## Work to complete
Compute how many lines below contain the word "where" and respond with that number only.

## Records shown

= = = = =

-- ===== src/Orders/Publisher.antt =====
-- infra/event-publisher.service.ts: the channel that the publications share, and one publication.
-- amqplib and RabbitMQ are the events of Step. A connection and its channel have one number.
pub mod Laws
pub mod Message
mod Tests
use platform_engineering_lab.Prelude.{
  ℕ, suc, zero, ◌-◌, ◌≡◌, ◌≢◌, String, Bool, true, false, List, [], ◌∷◌, Option, none, some, Result,
  ok, throw, eqb, if◌then◌else◌,
}
use platform_engineering_lab.Orders.Types.{DomainEvent}

-- `conn`, `channel` and whether `opening` is set; beside them how many calls of `open` run, and which
-- connections are up.
pub record Publisher : Type 0 where
  pub conn : Option ℕ
  pub channel : Option ℕ
  pub opening : Bool
  pub running : ℕ
  pub up : List ℕ

-- What getChannel returns: the channel, or the promise of the opening that runs.
pub data Channel : Type 0 where
  ready : ℕ → Channel
  promised : Channel

abbrev pub opened_if : Bool → Publisher → Publisher
opened_if true s = s
opened_if false s = record s { opening = true; running = suc s.running }

abbrev pub from_channel : Option ℕ → Publisher → Channel × Publisher
from_channel (some c) s = (ready c, s)
from_channel none s = (promised, opened_if s.opening s)

unfoldable pub get_channel : Publisher → Channel × Publisher
get_channel s = from_channel s.channel s

-- `open` has its confirm channel; `opening` is cleared behind it.
unfoldable pub opened : ℕ → Publisher → Publisher
opened c s = record s {
  conn = some c;
  channel = some c;
  opening = false;
  running = s.running - 1;
  up = c ∷ s.up;
}

-- `open` throws: there is no connection, or it is closed again.
unfoldable pub open_failed : Publisher → Publisher
open_failed s = record s { opening = false; running = s.running - 1 }

abbrev pub cleared : ℕ → Option ℕ → Option ℕ
cleared c none = none
cleared c (some d) = if eqb d c then none else some d

-- channel.on('close')
unfoldable pub channel_closed : ℕ → Publisher → Publisher
channel_closed c s = record s { channel = cleared c s.channel }

abbrev pub without : ℕ → List ℕ → List ℕ
without c [] = []
without c (d ∷ ds) = let rest = without c ds in if eqb d c then rest else d ∷ rest

-- conn.on('close')
unfoldable pub conn_closed : ℕ → Publisher → Publisher
conn_closed c s = record s { conn = none; channel = none; up = without c s.up }

abbrev pub closed_by : Option ℕ → Publisher → Publisher
closed_by none s = s
closed_by (some c) s = record s { up = without c s.up }

-- onModuleDestroy, where the close succeeds.
unfoldable pub on_module_destroy : Publisher → Publisher
on_module_destroy s = closed_by s.conn s

abbrev pub idle : Publisher
idle = record { conn = none; channel = none; opening = false; running = 0; up = [] }

-- What may happen next.
pub data Step : Publisher → Publisher → Type 0 where
  asks : (s : Publisher) → Step s (get_channel s).1
  opens : (s : Publisher) (c n : ℕ) → s.running ≡ suc n → Step s (opened c s)
  fails : (s : Publisher) (n : ℕ) → s.running ≡ suc n → Step s (open_failed s)
  loses_channel : (s : Publisher) (c : ℕ) → Step s (channel_closed c s)
  loses_conn : (s : Publisher) (c : ℕ) → Step s (conn_closed c s)

pub data Reachable : Publisher → Type 0 where
  at_start : Reachable idle
  after : {s t : Publisher} → Reachable s → Step s t → Reachable t

-- The answer to a publication before the timer fires.
pub data Confirm : Type 0 where
  confirmed time_out : Confirm
  refused : (message : String) → Confirm

abbrev pub confirm_result : Confirm → Result String (Unit {0})
confirm_result confirmed = ok tt
confirm_result time_out = throw "publish confirm timed out"
confirm_result (refused message) = throw message

-- publish, from what getChannel comes to and the answer of the broker on that channel.
unfoldable pub publish : Result String ℕ → (ℕ → Confirm) → Result String (Unit {0})
publish (ok channel) answer = confirm_result (answer channel)
publish (throw message) answer = throw message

= = = = =

## Exercise answer
6